Archive_auto_extract Check whether the file is automatically decompressed (in YARN mode, the file is automatically decompressed).

archive_auto_extract = spark.conf.get("spark.master").lower().startswith("yarn")
Copy the code

ZipResources is the name of all zip packages that need to be decompressed. The corresponding method is as follows:

zipfiles = [f.split("/")[-1] for f in spark.conf.get("spark.files").split(",") if f.endswith(".zip")]
Copy the code

You can concatenate the corresponding zipfiles directory like this:

SparkFiles.getRootDirectory() + '/' + zfilename
Copy the code

So if you are not running in YARN mode, you need to unzip and then load. You are advised to obtain the path as follows:

temp = dictFile if os.path.exists(dictFile) else SparkFiles.get(dictFile)
Copy the code

This works in IDE, local/standalone/ YARN mode.

The previous jobs.zip file is full of Python files that can be read without compression.

Actively define schema and avoid Spark Auto Inference Schema

I wrote this code earlier:

oldr = df.rdd.map(
    lambda row: Row(ids=row['ids'], mainId=row["mainId"].item(), tags=row["tags"]))
Copy the code

Then I need to change olDR back to RDD, which I use like this:

resultDf = spark.createDataFrame(oldr) resultDf.mode("overwrite").format(...) .save(...Copy the code

This results in olDR being executed twice, once for schema speculation and once for actual calculations. We can write this:

from pyspark.sql.types import StructType, IntegerType, ArrayType, StructField, StringType, MapType

fields = [StructField("ids", ArrayType(IntegerType())), StructField("mainId", IntegerType()),
          StructField("tags", MapType(StringType(), IntegerType()))]
resultDf = spark.createDataFrame(resultRdd, StructType(fields=fields)
Copy the code

This display defines the schema for the RDD and avoids additional speculation.

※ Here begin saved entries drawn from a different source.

-- ===== src/Memory.antt =====
-- volumes/02.Kernel64/Source/Utility.c: kMemSet, kMemCpy and kMemCmp over a memory of bytes.
-- Each works on 8 bytes at a time and then on the rest. A size is an `int`, kept as its 32-bit
-- pattern: for a negative one `iSize / 8` and `iSize % 8` are not positive, so no loop runs.
pub mod Words
pub mod Copy
pub mod Compare
pub mod Overlap
mod Tests
use deodeok_os.Base.{
  ℕ, zero, suc, ◌+◌, ◌-◌, ◌*◌, ◌/◌, ◌%◌, ◌^◌, ltb, ◌==◌, if◌then◌else◌, Option, none, some,
}
use deodeok_os.Base.Cells.{update}

abbrev pub Memory : Type 0
Memory = ℕ → ℕ

-- How many rounds the two loops of each function make.
abbrev pub word_rounds : ℕ → ℕ
word_rounds size = if ltb size (2 ^ 31) then size / 8 else 0

abbrev pub byte_rounds : ℕ → ℕ
byte_rounds size = if ltb size (2 ^ 31) then size % 8 else 0

-- A little-endian number of `n` bytes, read and written; a QWORD has eight.
unfoldable pub load_bytes : ℕ → Memory → ℕ → ℕ
load_bytes zero m a = 0
load_bytes (suc n) m a = m a + 256 * load_bytes n m (a + 1)

unfoldable pub store_bytes : ℕ → Memory → ℕ → ℕ → Memory
store_bytes zero m a v = m
store_bytes (suc n) m a v = store_bytes n (update m a (v % 256)) (a + 1) (v / 256)

-- `qwData = (qwData << 8) | bData`: the low byte of the shifted word is 0, so `|` adds.
pub spread : ℕ → ℕ → ℕ → ℕ
spread zero b v = v
spread (suc k) b v = spread k b ((v * 256) % 2 ^ 64 + b)

pub set_words : ℕ → Memory → ℕ → ℕ → Memory
set_words zero m a v = m
set_words (suc k) m a v = set_words k (store_bytes 8 m a v) (a + 8) v

pub set_bytes : ℕ → Memory → ℕ → ℕ → Memory
set_bytes zero m a b = m
set_bytes (suc k) m a b = set_bytes k (update m a b) (a + 1) b

unfoldable pub mem_set : Memory → ℕ → ℕ → ℕ → Memory
unfolding load_bytes store_bytes spread set_words set_bytes
mem_set m destination b size =
    let m' = set_words (word_rounds size) m destination (spread 8 b 0) in
    set_bytes (byte_rounds size) m' (destination + word_rounds size * 8) b

pub copy_words : ℕ → Memory → ℕ → ℕ → Memory
copy_words zero m d s = m
copy_words (suc k) m d s = copy_words k (store_bytes 8 m d (load_bytes 8 m s)) (d + 8) (s + 8)

pub copy_bytes : ℕ → Memory → ℕ → ℕ → Memory
copy_bytes zero m d s = m
copy_bytes (suc k) m d s = copy_bytes k (update m d (m s)) (d + 1) (s + 1)

-- kMemCpy returns the size and changes the memory.
unfoldable pub mem_cpy : Memory → ℕ → ℕ → ℕ → ℕ × Memory
unfolding load_bytes store_bytes copy_words copy_bytes
mem_cpy m destination source size =
    let done = word_rounds size * 8 in
    let m' = copy_words (word_rounds size) m destination source in
    (size, copy_bytes (byte_rounds size) m' (destination + done) (source + done))

-- The inner loop of kMemCmp: the lowest byte of the difference that is not 0. The loop ends in a
-- return, since one of the eight bytes is not 0.
pub low_byte : ℕ → ℕ → ℕ
low_byte zero v = 0
low_byte (suc k) v = let rest = low_byte k (v / 256) in if v % 256 == 0 then rest else v % 256

-- The words: `none` if no difference was found.
pub compare_words : ℕ → Memory → ℕ → ℕ → Option ℕ
compare_words zero m d s = none
compare_words (suc k) m d s =
    let rest = compare_words k m (d + 8) (s + 8) in
    let v = (load_bytes 8 m d + 2 ^ 64 - load_bytes 8 m s) % 2 ^ 64 in
    if v == 0 then rest else some (low_byte 8 v)

-- `char` is signed: returned as an `int`, a byte of 128 and more is negative.
pub sign_extend : ℕ → ℕ
sign_extend c = if ltb c 128 then c else 2 ^ 32 - 256 + c

pub compare_bytes : ℕ → Memory → ℕ → ℕ → ℕ
compare_bytes zero m d s = 0
compare_bytes (suc k) m d s =
    let rest = compare_bytes k m (d + 1) (s + 1) in
    let c = (m d + 256 - m s) % 256 in if c == 0 then rest else sign_extend c

-- The first difference ends the function; the bytes count where the words showed none.
pub first_difference : Option ℕ → ℕ → ℕ
first_difference none tail = tail
first_difference (some r) tail = r

-- The `int` that kMemCmp returns, as its 32-bit pattern.
unfoldable pub mem_cmp : Memory → ℕ → ℕ → ℕ → ℕ
unfolding load_bytes low_byte compare_words sign_extend compare_bytes first_difference
mem_cmp m destination source size =
    let done = word_rounds size * 8 in
    first_difference (compare_words (word_rounds size) m destination source)
      (compare_bytes (byte_rounds size) m (destination + done) (source + done))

Lambda and function selection

Lambda can define anonymous functions, but with limited expressiveness:

.map(
    lambda row: Row(ids=row['ids'], mainId=row["mainId"].item(), tags=row["tags"]))
Copy the code

We can also define functions:

def create_new_row(row):
    return Row(ids=row['ids'], mainId=row["mainId"].item(), tags=row["tags"])
Copy the code

Then directly use:

.map(create_new_row).....
Copy the code

How to define udF functions/how to avoid using Python UDF functions

Start by defining a regular Python function:

Def split_sentence(s): return s.split(" ")Copy the code

Convert to udF function and use.

from pyspark.sql.functions import udf
from pyspark.sql.types import *

ss = udf(split_sentence, ArrayType(StringType()))
documentDF.select(ss("text").alias("text_array")).show()
Copy the code

The only trouble is that when you define udF functions, you need to specify the type of the return value.

Using Python udF functions is obviously inefficient, so we recommend using standard library functions.

from pyspark.sql import functions as f
documentDF.select(f.split("text", "\\s+").alias("text_array")).show()
Copy the code

Pyspark.sql. functions references spark implementations, so they are more efficient.